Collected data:
* * * *

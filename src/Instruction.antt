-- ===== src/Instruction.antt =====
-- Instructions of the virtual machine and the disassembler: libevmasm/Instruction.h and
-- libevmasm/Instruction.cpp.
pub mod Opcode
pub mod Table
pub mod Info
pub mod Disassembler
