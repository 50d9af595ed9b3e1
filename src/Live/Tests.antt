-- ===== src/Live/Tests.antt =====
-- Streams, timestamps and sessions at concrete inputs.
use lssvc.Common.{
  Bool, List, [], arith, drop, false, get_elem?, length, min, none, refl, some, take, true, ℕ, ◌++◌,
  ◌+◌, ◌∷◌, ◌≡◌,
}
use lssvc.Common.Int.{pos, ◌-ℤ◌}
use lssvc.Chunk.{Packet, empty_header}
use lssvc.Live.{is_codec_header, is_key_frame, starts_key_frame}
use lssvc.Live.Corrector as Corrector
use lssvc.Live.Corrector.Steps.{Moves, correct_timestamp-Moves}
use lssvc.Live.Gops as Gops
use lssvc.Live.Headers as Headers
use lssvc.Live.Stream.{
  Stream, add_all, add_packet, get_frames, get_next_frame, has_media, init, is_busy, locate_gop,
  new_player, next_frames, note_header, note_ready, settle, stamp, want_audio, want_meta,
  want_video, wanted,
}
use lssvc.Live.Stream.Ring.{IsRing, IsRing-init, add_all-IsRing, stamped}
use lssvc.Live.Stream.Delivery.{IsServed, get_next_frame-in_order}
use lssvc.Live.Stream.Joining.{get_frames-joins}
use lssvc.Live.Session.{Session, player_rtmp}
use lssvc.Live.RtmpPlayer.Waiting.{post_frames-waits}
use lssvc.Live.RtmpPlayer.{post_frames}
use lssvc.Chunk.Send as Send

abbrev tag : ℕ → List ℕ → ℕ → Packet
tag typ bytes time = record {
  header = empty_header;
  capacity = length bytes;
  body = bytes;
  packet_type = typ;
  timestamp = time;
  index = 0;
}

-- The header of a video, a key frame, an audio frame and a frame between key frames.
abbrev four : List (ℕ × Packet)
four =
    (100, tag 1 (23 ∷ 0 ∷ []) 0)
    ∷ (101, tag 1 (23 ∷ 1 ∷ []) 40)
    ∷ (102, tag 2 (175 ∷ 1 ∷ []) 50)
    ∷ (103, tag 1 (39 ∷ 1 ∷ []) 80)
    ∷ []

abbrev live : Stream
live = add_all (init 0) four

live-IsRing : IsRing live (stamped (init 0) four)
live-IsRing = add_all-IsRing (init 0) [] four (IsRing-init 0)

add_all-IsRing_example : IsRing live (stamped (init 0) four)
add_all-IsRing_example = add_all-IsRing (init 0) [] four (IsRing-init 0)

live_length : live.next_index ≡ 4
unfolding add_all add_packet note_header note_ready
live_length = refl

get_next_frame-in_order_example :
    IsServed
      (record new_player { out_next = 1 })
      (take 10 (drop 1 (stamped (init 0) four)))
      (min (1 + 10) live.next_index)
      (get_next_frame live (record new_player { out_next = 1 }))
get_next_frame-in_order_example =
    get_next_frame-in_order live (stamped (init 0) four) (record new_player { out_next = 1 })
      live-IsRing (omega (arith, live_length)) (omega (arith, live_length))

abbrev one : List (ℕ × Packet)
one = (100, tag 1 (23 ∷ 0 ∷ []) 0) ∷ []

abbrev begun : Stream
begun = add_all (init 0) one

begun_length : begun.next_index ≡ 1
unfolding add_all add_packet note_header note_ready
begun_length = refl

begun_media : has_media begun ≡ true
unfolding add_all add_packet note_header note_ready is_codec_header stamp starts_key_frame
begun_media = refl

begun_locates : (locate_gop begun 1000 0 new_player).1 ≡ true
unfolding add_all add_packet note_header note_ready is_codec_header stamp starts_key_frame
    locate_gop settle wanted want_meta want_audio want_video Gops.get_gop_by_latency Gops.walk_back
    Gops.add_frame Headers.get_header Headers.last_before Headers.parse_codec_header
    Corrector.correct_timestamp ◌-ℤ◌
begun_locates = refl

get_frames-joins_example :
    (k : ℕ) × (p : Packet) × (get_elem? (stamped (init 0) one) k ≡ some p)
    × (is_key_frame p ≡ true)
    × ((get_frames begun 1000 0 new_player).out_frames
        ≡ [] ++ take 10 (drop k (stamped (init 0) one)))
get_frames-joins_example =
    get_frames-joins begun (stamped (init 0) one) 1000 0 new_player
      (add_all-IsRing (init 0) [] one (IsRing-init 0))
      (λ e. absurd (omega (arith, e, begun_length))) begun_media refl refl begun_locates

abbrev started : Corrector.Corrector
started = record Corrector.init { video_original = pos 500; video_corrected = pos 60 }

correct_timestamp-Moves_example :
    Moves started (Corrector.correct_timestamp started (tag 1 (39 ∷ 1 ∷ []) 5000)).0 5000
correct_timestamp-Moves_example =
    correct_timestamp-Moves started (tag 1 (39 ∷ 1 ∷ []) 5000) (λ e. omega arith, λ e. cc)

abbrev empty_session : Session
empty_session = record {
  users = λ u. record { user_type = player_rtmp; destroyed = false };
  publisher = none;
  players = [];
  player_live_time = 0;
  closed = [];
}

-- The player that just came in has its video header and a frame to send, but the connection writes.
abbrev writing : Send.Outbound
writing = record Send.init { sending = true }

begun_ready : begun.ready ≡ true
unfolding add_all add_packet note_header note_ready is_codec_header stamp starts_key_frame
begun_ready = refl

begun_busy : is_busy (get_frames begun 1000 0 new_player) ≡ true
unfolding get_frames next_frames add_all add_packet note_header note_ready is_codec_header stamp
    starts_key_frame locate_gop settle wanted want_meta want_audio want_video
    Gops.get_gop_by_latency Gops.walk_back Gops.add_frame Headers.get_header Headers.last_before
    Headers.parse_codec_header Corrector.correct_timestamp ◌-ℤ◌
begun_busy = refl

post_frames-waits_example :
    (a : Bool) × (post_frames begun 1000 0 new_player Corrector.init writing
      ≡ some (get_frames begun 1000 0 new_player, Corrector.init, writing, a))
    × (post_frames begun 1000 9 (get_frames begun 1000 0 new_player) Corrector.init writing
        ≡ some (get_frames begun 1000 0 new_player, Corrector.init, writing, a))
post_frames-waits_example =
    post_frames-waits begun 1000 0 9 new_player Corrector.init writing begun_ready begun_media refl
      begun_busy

* * * *

*Your goal*: From the records above, pull out each line that has "Common".

*Response to the exercise*:
use lssvc.Common.{
use lssvc.Common.Int.{pos, ◌-ℤ◌}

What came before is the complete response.